■ **What is being asked**: Set the data down again, word for word, as it appears below.

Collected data
------
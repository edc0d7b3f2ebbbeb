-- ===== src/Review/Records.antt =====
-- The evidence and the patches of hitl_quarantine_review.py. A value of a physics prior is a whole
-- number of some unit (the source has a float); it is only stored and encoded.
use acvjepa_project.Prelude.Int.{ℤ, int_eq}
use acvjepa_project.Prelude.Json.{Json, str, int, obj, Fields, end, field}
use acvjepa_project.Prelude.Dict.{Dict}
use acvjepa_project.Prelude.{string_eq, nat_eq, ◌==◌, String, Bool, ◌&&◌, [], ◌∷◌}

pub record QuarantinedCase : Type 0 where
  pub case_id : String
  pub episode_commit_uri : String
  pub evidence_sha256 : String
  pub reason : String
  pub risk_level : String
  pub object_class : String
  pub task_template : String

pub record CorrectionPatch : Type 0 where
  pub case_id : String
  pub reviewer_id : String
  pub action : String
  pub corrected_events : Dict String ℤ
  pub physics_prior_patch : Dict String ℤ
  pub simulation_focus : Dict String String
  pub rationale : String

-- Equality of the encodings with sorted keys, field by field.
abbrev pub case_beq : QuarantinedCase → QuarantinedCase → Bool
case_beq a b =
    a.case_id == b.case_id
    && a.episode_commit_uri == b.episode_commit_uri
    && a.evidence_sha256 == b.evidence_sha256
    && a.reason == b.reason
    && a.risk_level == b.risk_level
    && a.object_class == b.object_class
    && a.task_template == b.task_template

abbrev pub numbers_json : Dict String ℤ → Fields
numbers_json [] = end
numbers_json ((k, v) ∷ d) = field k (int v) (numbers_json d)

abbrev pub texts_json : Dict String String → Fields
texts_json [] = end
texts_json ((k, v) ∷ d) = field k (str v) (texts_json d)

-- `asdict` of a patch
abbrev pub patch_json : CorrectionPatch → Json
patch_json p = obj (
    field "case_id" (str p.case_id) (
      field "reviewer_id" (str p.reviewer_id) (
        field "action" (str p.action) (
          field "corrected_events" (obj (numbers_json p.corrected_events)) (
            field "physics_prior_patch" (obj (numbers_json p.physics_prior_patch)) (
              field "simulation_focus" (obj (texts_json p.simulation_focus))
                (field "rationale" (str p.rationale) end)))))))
------
■ **Solved exercise**:
repository edc0d7b3f2ebbbeb
-- ===== src/Review/Records.antt =====
-- The evidence and the patches of hitl_quarantine_review.py. A value of a physics prior is a whole
-- number of some unit (the source has a float); it is only stored and encoded.
use acvjepa_project.Prelude.Int.{ℤ, int_eq}
use acvjepa_project.Prelude.Json.{Json, str, int, obj, Fields, end, field}
use acvjepa_project.Prelude.Dict.{Dict}
use acvjepa_project.Prelude.{string_eq, nat_eq, ◌==◌, String, Bool, ◌&&◌, [], ◌∷◌}

pub record QuarantinedCase : Type 0 where
  pub case_id : String
  pub episode_commit_uri : String
  pub evidence_sha256 : String
  pub reason : String
  pub risk_level : String
  pub object_class : String
  pub task_template : String

pub record CorrectionPatch : Type 0 where
  pub case_id : String
  pub reviewer_id : String
  pub action : String
  pub corrected_events : Dict String ℤ
  pub physics_prior_patch : Dict String ℤ
  pub simulation_focus : Dict String String
  pub rationale : String

-- Equality of the encodings with sorted keys, field by field.
abbrev pub case_beq : QuarantinedCase → QuarantinedCase → Bool
case_beq a b =
    a.case_id == b.case_id
    && a.episode_commit_uri == b.episode_commit_uri
    && a.evidence_sha256 == b.evidence_sha256
    && a.reason == b.reason
    && a.risk_level == b.risk_level
    && a.object_class == b.object_class
    && a.task_template == b.task_template

abbrev pub numbers_json : Dict String ℤ → Fields
numbers_json [] = end
numbers_json ((k, v) ∷ d) = field k (int v) (numbers_json d)

abbrev pub texts_json : Dict String String → Fields
texts_json [] = end
texts_json ((k, v) ∷ d) = field k (str v) (texts_json d)

-- `asdict` of a patch
abbrev pub patch_json : CorrectionPatch → Json
patch_json p = obj (
    field "case_id" (str p.case_id) (
      field "reviewer_id" (str p.reviewer_id) (
        field "action" (str p.action) (
          field "corrected_events" (obj (numbers_json p.corrected_events)) (
            field "physics_prior_patch" (obj (numbers_json p.physics_prior_patch)) (
              field "simulation_focus" (obj (texts_json p.simulation_focus))
                (field "rationale" (str p.rationale) end)))))))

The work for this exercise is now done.